Liu Qingzhi no dijo nada.
Huo Lin tampoco.
Incluso Zhao Jiayan permaneció en silencio, con una expresión pensativa en sus ojos de cachorro.
Ji Zijin, sentado junto a Chen Miao, no se sentía demasiado cómodo con aquella atmósfera excesivamente silenciosa. Movió los labios, dispuesto a decir algo.
Pero Liu Qingzhi preguntó de repente:
—¿Qué significan las cintas rojas que cuelgan de algunas casas?
Al escuchar que mencionaba repentinamente las cintas rojas, las expresiones de Ji Zijin y Chen Miao cambiaron ligeramente. En el fondo de sus ojos apareció una pausa casi imperceptible.
Un momento después, Chen Miao bajó la mirada.
—Son marcas.
Se bajó la manga que había remangado y retiró el brazo. Después de pensar un poco en cómo explicarlo, continuó lentamente:
—Tienen una capa de un extraño polvo fosforescente.

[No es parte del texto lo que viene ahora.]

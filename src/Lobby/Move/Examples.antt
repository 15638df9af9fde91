-- ===== src/Lobby/Move/Examples.antt =====
-- The theorems on moves at a block of two lobbies and a team.
use ship_server.Base.{
  Bool, false, set, ℕ, ◌≡◌, ◌≢◌, refl, true, false, List, [], ◌∷◌, Option, none, some, ◌==◌,
  if◌then◌else◌, pos, arith, replicate,
}
use ship_server.Lobby.{Packet, Lobby, World, dcv2, type_lobby}
use ship_server.Lobby.Flag
use ship_server.Lobby.Sample.{client, team}
use ship_server.Lobby.Slots.Count.{IsCounted}
use ship_server.Lobby.Move.{policy, lobby_change_lobby, lobby_remove_player}
use ship_server.Lobby.Move.Gone.{lobby_remove_player-leaves}
use ship_server.Lobby.Move.Swap.{IsMoved}
use ship_server.Lobby.Move.Change.{refusal, lobby_change_lobby-IsMoved}

abbrev default_lobby : ℕ → ℕ → List (Option ℕ) → Lobby
default_lobby id n slots = record team {
  lobby_id = id;
  type = type_lobby;
  flags = 0;
  max_clients = 12;
  num_clients = n;
  clients = slots;
}

-- Client 10 sits in slot 0 of lobby 1; lobby 2 is empty; 3 is a team of three.
abbrev lobbies_of : ℕ → Lobby
lobbies_of l =
    if l == 1
    then default_lobby 1 1 (some 10 ∷ replicate 11 none)
    else if l == 2
    then default_lobby 2 0 (replicate 12 none)
    else record team { clients = some 30 ∷ some 31 ∷ none ∷ some 32 ∷ replicate 8 none }

abbrev world : World
world = record {
  clients = λ c. client dcv2 c (some 1) 0 50;
  lobbies = lobbies_of;
  block_lobbies = 1 ∷ 2 ∷ 3 ∷ [];
  num_games = 1;
  out = [];
}

one-IsCounted : IsCounted (lobbies_of 1)
one-IsCounted = record { size = refl; two = omega arith; twelve = omega arith; counted = refl }

two-IsCounted : IsCounted (lobbies_of 2)
two-IsCounted = record { size = refl; two = omega arith; twelve = omega arith; counted = refl }

three-IsCounted : IsCounted (lobbies_of 3)
three-IsCounted = record { size = refl; two = omega arith; twelve = omega arith; counted = refl }

three-open : refusal true world 10 3 ≡ pos 0
unfolding policy
three-open = refl

lobby_change_lobby-IsMoved_example :
    (w' : World) × (lobby_change_lobby 90 world 10 (some 3) true true true ≡ some (pos 0, w'))
    × IsMoved world 10 1 3 w'
lobby_change_lobby-IsMoved_example =
    lobby_change_lobby-IsMoved 90 world 10 1 3 true true true one-IsCounted three-IsCounted
      (λ e. omega arith) refl (omega arith) refl (omega arith) three-open

-- A team in which a player bursts.
abbrev busy_world : World
busy_world = record world { lobbies = λ l. record (lobbies_of l) { flags = Flag.bursting } }

busy-IsCounted : IsCounted (busy_world.lobbies 3)
busy-IsCounted = record { size = refl; two = omega arith; twelve = omega arith; counted = refl }

three-shut : refusal true busy_world 10 3 ≢ pos 0
unfolding policy
three-shut e = cc

-- Handlers that never fail.
abbrev works : Packet → Bool
works p = false

lobby_remove_player-leaves_example :
    let (code, w') = lobby_remove_player works works 90 world 10 in
    (code ≡ pos 0)
    × ((w'.clients 10).cur_lobby ≡ none)
    × ((w'.lobbies 1).clients ≡ set (lobbies_of 1).clients 0 none)
    × IsCounted (w'.lobbies 1)
lobby_remove_player-leaves_example =
    lobby_remove_player-leaves works works 90 world 10 1 one-IsCounted refl (omega arith) refl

Por la noche emiten una luz parecida a la de las luciérnagas.
—¿Un polvo fosforescente extraño?
Liu Qingzhi imaginó por un momento aquellas cintas rojas emitiendo un tenue resplandor en medio de la noche.
—Suena un poco escalofriante —comentó Zhao Jiayan.
Él también se imaginó la escena.
Una noche oscura, viento frío, cintas rojas ondeando bajo la brisa helada…
Por más que lo pensara, tenía un aire siniestro.
Ji Zijin lo miró y respondió con voz baja:
—Por la noche todos mantienen las puertas bien cerradas y las ventanas están selladas todo el tiempo. Nadie sale deliberadamente a mirar esas cosas. Además…
Su voz cambió de repente.
No solo bajó el volumen, sino que su tono se volvió mucho más sombrío.
—Además, por inquietante que se vea, sigue siendo mejor que perder a otro familiar.
Como si hubiera recordado algo doloroso, una expresión difícil de ocultar apareció en su rostro.
Sus cejas también se tensaron con un dolor oscuro y contenido.
Aquellas dos frases resultaban bastante vagas.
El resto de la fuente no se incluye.